Description of the task: From the records below, determine the number of lines containing "Guards". Output that number alone.

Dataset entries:
►

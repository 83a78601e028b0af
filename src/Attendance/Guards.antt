-- ===== src/Attendance/Guards.antt =====
-- `_require_student`, `_require_course`, `_require_room` and `_as_utc`.
pub mod Active
use attendence_v.Prelude.{ℕ, Option, none, some, List, [], ◌∷◌, not, ◌==◌, if◌then◌else◌}
use attendence_v.Storage.{Exec, pure, raise, ◌>>=◌, query, raise_if, not_found, validation}
use attendence_v.Storage.Models.{Student, Course, Room}

abbrev pub find_student : ℕ → List Student → Option Student
find_student k [] = none
find_student k (r ∷ rs) = if k == r.id then some r else find_student k rs

abbrev pub find_course : ℕ → List Course → Option Course
find_course k [] = none
find_course k (r ∷ rs) = if k == r.id then some r else find_course k rs

abbrev pub find_room : ℕ → List Room → Option Room
find_room k [] = none
find_room k (r ∷ rs) = if k == r.id then some r else find_room k rs

unfoldable pub check_student : Option Student → Exec (Unit {0})
check_student none = raise (not_found "Student does not exist.")
check_student (some student) = raise_if (not student.is_active) (validation "Student is inactive.")

unfoldable pub require_student : ℕ → Exec (Unit {0})
unfolding check_student
require_student k = do student ← query (λ d. find_student k d.students); check_student student

unfoldable pub check_course : Option Course → Exec (Unit {0})
check_course none = raise (not_found "Course does not exist.")
check_course (some course) = raise_if (not course.is_active) (validation "Course is inactive.")

unfoldable pub require_course : ℕ → Exec (Unit {0})
unfolding check_course
require_course k = do course ← query (λ d. find_course k d.courses); check_course course

unfoldable pub check_room : Option Room → Exec (Unit {0})
check_room none = raise (not_found "Room does not exist.")
check_room (some room) = raise_if (not room.is_active) (validation "Room is inactive.")

unfoldable pub require_room : Option ℕ → Exec (Unit {0})
unfolding check_room
require_room none = pure tt
require_room (some k) = do room ← query (λ d. find_room k d.rooms); check_room room

-- A `datetime`: with no zone, or with the moment that it names.
pub data Datetime : Type 0 where
  naive : ℕ → Datetime
  aware : ℕ → Datetime

unfoldable pub as_utc : Datetime → ℕ
as_utc (naive t) = t
as_utc (aware t) = t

◄

The completed task: 2